#### LISTED ENTRIES ####
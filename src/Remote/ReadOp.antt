-- ===== src/Remote/ReadOp.antt =====
-- virtual_disk/virtual_disk_remote.cc: ProcessReadOp, the loops of a read over the replicas.
pub mod Replicas
pub mod Answers
pub mod Servers
pub mod Success
use sandook.Base.{
  ℕ, zero, suc, ◌+◌, ◌-◌, ◌*◌, ◌%◌, Bool, true, false, not, if◌then◌else◌, ◌==◌, List, [], ◌∷◌,
  ◌++◌, Option, none, some,
}
use sandook.Status.{Status, ok, err, fault, Error}
use sandook.Types.{
  ServerId, ServerBlockInfo, ServerReplicaBlockInfo, ServerReplicaBlockInfoList, IoDesc, OpType,
  get_op, k_invalid_server_id, k_device_alignment, u32_mod, u64_mod,
}
use sandook.Selection.{ServerSet, ServerReplicaList, contains, insert}
use sandook.Resolver.{BlockResolver, add_mapping, resolve_block}
use sandook.DiskServer.{StorageOpMsg, StorageOpReplyMsg}
use sandook.Remote.{Client, handle_storage_op_reply}
use sandook.Remote.Disk.{
  Services, VirtualDisk, at_block, with_world, process_storage_op, get_blocks, allocate_from,
}

-- The set of the replicas' servers.
pub server_ids : ServerReplicaBlockInfoList → ServerSet
server_ids blks =
    let a = blks.front.info.server_id in
    let b = blks.back.info.server_id in if a == b then a ∷ [] else insert a (b ∷ [])

-- `std::set::erase`.
pub erase : ServerId → ServerSet → ServerSet
erase a [] = []
erase a (x ∷ xs) = let rest = erase a xs in if x == a then xs else x ∷ rest

-- The first replica on a server.
unfoldable pub find_info : ServerReplicaBlockInfoList → ServerId → Option ServerBlockInfo
find_info blks id =
    if blks.front.info.server_id == id
    then some blks.front.info
    else if blks.back.info.server_id == id
    then some blks.back.info
    else none

-- How an attempt to read ends.
pub data ReadStep : Type 0 where
  returns : Status ℕ → ReadStep
  resolves_again : ReadStep
  tries : ServerSet → ReadStep

module _ {W : Type 0} (s : Services W) (affinity : ServerId) where
  abbrev Disk : Type 0
  Disk = VirtualDisk s affinity

  -- `sleep` is `rt::Sleep` with what the other threads of the disk do meanwhile.
  module _ (sleep : Disk → Disk) where
    count_read_error : Disk → Error → Disk
    count_read_error d Error.ebusy = record d { num_read_rejections = d.num_read_rejections + 1 }
    count_read_error d _ = record d { num_read_retries = d.num_read_retries + 1 }

    -- What a read makes of the reply of server `id`.
    after_reply : ServerSet → ServerId → Disk → Status ℕ → ReadStep × Disk
    unfolding count_read_error erase
    after_reply ids id d (ok res) = (returns (ok res), d)
    after_reply ids id d (err e) = (tries (erase id ids), count_read_error d e)
    after_reply ids id d fault = (returns fault, d)

    after_call : ServerSet → ServerId → Status (Option StorageOpReplyMsg) × Disk → ReadStep × Disk
    unfolding after_reply erase
    after_call ids id (err e, d) =
        (tries (erase id ids), sleep (record d { num_read_retries = d.num_read_retries + 1 }))
    after_call ids id (fault, d) = (returns fault, d)
    after_call ids id (ok reply, d) =
        let (res, c) = handle_storage_op_reply s.signal_congested affinity d.client reply id in
        after_reply ids id (record d { client = c }) res

    -- The attempt at the server that was selected.
    read_from : ServerReplicaBlockInfoList → ServerSet → IoDesc → Disk → ServerId → ReadStep × Disk
    unfolding after_call process_storage_op find_info
    read_from blks ids iod d id =
        if contains d.servers id
        then elim (find_info blks id) [
          | some info ↦ after_call ids id (process_storage_op s affinity d id (at_block iod info))
          | none ↦ (returns fault, d)
        ]
        else (returns fault, d)

    -- What follows the selection of a server.
    after_selection :
        ServerReplicaBlockInfoList → ServerSet → IoDesc → Disk → Status ServerId → ReadStep × Disk
    unfolding read_from
    after_selection blks ids iod d (ok id) = read_from blks ids iod d id
    after_selection blks ids iod d (err e) = (resolves_again, sleep d)
    after_selection blks ids iod d fault = (returns fault, d)

    -- One round of the inner loop of `ProcessReadOp`. The descriptor keeps the address in the volume,
    -- which the source puts back at the start of a round.
    pub read_attempt : ServerReplicaBlockInfoList → ServerSet → IoDesc → Disk → ReadStep × Disk
    unfolding after_selection
    read_attempt blks ids iod d =
        let (selected, w) = s.select_read_server d.client.sched ids iod in
        after_selection blks ids iod (with_world s affinity d w) selected

    module _ (process_request : Disk → IoDesc → Option (Status ℕ × Disk)) where
      -- Where the loop goes after a round: it returns, starts the request anew, or goes on.
      after_attempt :
          (ServerSet → Disk → Option (Status ℕ × Disk))
          → IoDesc
          → ReadStep
          → Disk
          → Option (Status ℕ × Disk)
      after_attempt goes_on iod (returns res) d = some (res, d)
      after_attempt goes_on iod resolves_again d = process_request d iod
      after_attempt goes_on iod (tries ids) d = goes_on ids d

      -- Both loops of `ProcessReadOp`, for `k` rounds; the request that it starts anew is an argument.
      unfoldable pub read_loop :
          ServerReplicaBlockInfoList → IoDesc → ℕ → ServerSet → Disk → Option (Status ℕ × Disk)
      unfolding read_attempt server_ids after_attempt
      read_loop blks iod zero ids d = none
      read_loop blks iod (suc k) [] d = read_loop blks iod k (server_ids blks) (sleep d)
      read_loop blks iod (suc k) (x ∷ xs) d =
          let (step, d') = read_attempt blks (x ∷ xs) iod d in
          after_attempt (read_loop blks iod k) iod step d'

      unfoldable pub process_read_op :
          ℕ → ServerReplicaBlockInfoList → IoDesc → Disk → Option (Status ℕ × Disk)
      unfolding read_loop
      process_read_op k blks iod d = read_loop blks iod k (server_ids blks) d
####
* [AIM OF THE EXERCISE]: The required answer is the complete data, repeated exactly.

* [YOUR SOLUTION]:
filename src/Remote/ReadOp.antt
-- ===== src/Remote/ReadOp.antt =====
-- virtual_disk/virtual_disk_remote.cc: ProcessReadOp, the loops of a read over the replicas.
pub mod Replicas
pub mod Answers
pub mod Servers
pub mod Success
use sandook.Base.{
  ℕ, zero, suc, ◌+◌, ◌-◌, ◌*◌, ◌%◌, Bool, true, false, not, if◌then◌else◌, ◌==◌, List, [], ◌∷◌,
  ◌++◌, Option, none, some,
}
use sandook.Status.{Status, ok, err, fault, Error}
use sandook.Types.{
  ServerId, ServerBlockInfo, ServerReplicaBlockInfo, ServerReplicaBlockInfoList, IoDesc, OpType,
  get_op, k_invalid_server_id, k_device_alignment, u32_mod, u64_mod,
}
use sandook.Selection.{ServerSet, ServerReplicaList, contains, insert}
use sandook.Resolver.{BlockResolver, add_mapping, resolve_block}
use sandook.DiskServer.{StorageOpMsg, StorageOpReplyMsg}
use sandook.Remote.{Client, handle_storage_op_reply}
use sandook.Remote.Disk.{
  Services, VirtualDisk, at_block, with_world, process_storage_op, get_blocks, allocate_from,
}

-- The set of the replicas' servers.
pub server_ids : ServerReplicaBlockInfoList → ServerSet
server_ids blks =
    let a = blks.front.info.server_id in
    let b = blks.back.info.server_id in if a == b then a ∷ [] else insert a (b ∷ [])

-- `std::set::erase`.
pub erase : ServerId → ServerSet → ServerSet
erase a [] = []
erase a (x ∷ xs) = let rest = erase a xs in if x == a then xs else x ∷ rest

-- The first replica on a server.
unfoldable pub find_info : ServerReplicaBlockInfoList → ServerId → Option ServerBlockInfo
find_info blks id =
    if blks.front.info.server_id == id
    then some blks.front.info
    else if blks.back.info.server_id == id
    then some blks.back.info
    else none

-- How an attempt to read ends.
pub data ReadStep : Type 0 where
  returns : Status ℕ → ReadStep
  resolves_again : ReadStep
  tries : ServerSet → ReadStep

module _ {W : Type 0} (s : Services W) (affinity : ServerId) where
  abbrev Disk : Type 0
  Disk = VirtualDisk s affinity

  -- `sleep` is `rt::Sleep` with what the other threads of the disk do meanwhile.
  module _ (sleep : Disk → Disk) where
    count_read_error : Disk → Error → Disk
    count_read_error d Error.ebusy = record d { num_read_rejections = d.num_read_rejections + 1 }
    count_read_error d _ = record d { num_read_retries = d.num_read_retries + 1 }

    -- What a read makes of the reply of server `id`.
    after_reply : ServerSet → ServerId → Disk → Status ℕ → ReadStep × Disk
    unfolding count_read_error erase
    after_reply ids id d (ok res) = (returns (ok res), d)
    after_reply ids id d (err e) = (tries (erase id ids), count_read_error d e)
    after_reply ids id d fault = (returns fault, d)

    after_call : ServerSet → ServerId → Status (Option StorageOpReplyMsg) × Disk → ReadStep × Disk
    unfolding after_reply erase
    after_call ids id (err e, d) =
        (tries (erase id ids), sleep (record d { num_read_retries = d.num_read_retries + 1 }))
    after_call ids id (fault, d) = (returns fault, d)
    after_call ids id (ok reply, d) =
        let (res, c) = handle_storage_op_reply s.signal_congested affinity d.client reply id in
        after_reply ids id (record d { client = c }) res

    -- The attempt at the server that was selected.
    read_from : ServerReplicaBlockInfoList → ServerSet → IoDesc → Disk → ServerId → ReadStep × Disk
    unfolding after_call process_storage_op find_info
    read_from blks ids iod d id =
        if contains d.servers id
        then elim (find_info blks id) [
          | some info ↦ after_call ids id (process_storage_op s affinity d id (at_block iod info))
          | none ↦ (returns fault, d)
        ]
        else (returns fault, d)

    -- What follows the selection of a server.
    after_selection :
        ServerReplicaBlockInfoList → ServerSet → IoDesc → Disk → Status ServerId → ReadStep × Disk
    unfolding read_from
    after_selection blks ids iod d (ok id) = read_from blks ids iod d id
    after_selection blks ids iod d (err e) = (resolves_again, sleep d)
    after_selection blks ids iod d fault = (returns fault, d)

    -- One round of the inner loop of `ProcessReadOp`. The descriptor keeps the address in the volume,
    -- which the source puts back at the start of a round.
    pub read_attempt : ServerReplicaBlockInfoList → ServerSet → IoDesc → Disk → ReadStep × Disk
    unfolding after_selection
    read_attempt blks ids iod d =
        let (selected, w) = s.select_read_server d.client.sched ids iod in
        after_selection blks ids iod (with_world s affinity d w) selected

    module _ (process_request : Disk → IoDesc → Option (Status ℕ × Disk)) where
      -- Where the loop goes after a round: it returns, starts the request anew, or goes on.
      after_attempt :
          (ServerSet → Disk → Option (Status ℕ × Disk))
          → IoDesc
          → ReadStep
          → Disk
          → Option (Status ℕ × Disk)
      after_attempt goes_on iod (returns res) d = some (res, d)
      after_attempt goes_on iod resolves_again d = process_request d iod
      after_attempt goes_on iod (tries ids) d = goes_on ids d

      -- Both loops of `ProcessReadOp`, for `k` rounds; the request that it starts anew is an argument.
      unfoldable pub read_loop :
          ServerReplicaBlockInfoList → IoDesc → ℕ → ServerSet → Disk → Option (Status ℕ × Disk)
      unfolding read_attempt server_ids after_attempt
      read_loop blks iod zero ids d = none
      read_loop blks iod (suc k) [] d = read_loop blks iod k (server_ids blks) (sleep d)
      read_loop blks iod (suc k) (x ∷ xs) d =
          let (step, d') = read_attempt blks (x ∷ xs) iod d in
          after_attempt (read_loop blks iod k) iod step d'

      unfoldable pub process_read_op :
          ℕ → ServerReplicaBlockInfoList → IoDesc → Disk → Option (Status ℕ × Disk)
      unfolding read_loop
      process_read_op k blks iod d = read_loop blks iod k (server_ids blks) d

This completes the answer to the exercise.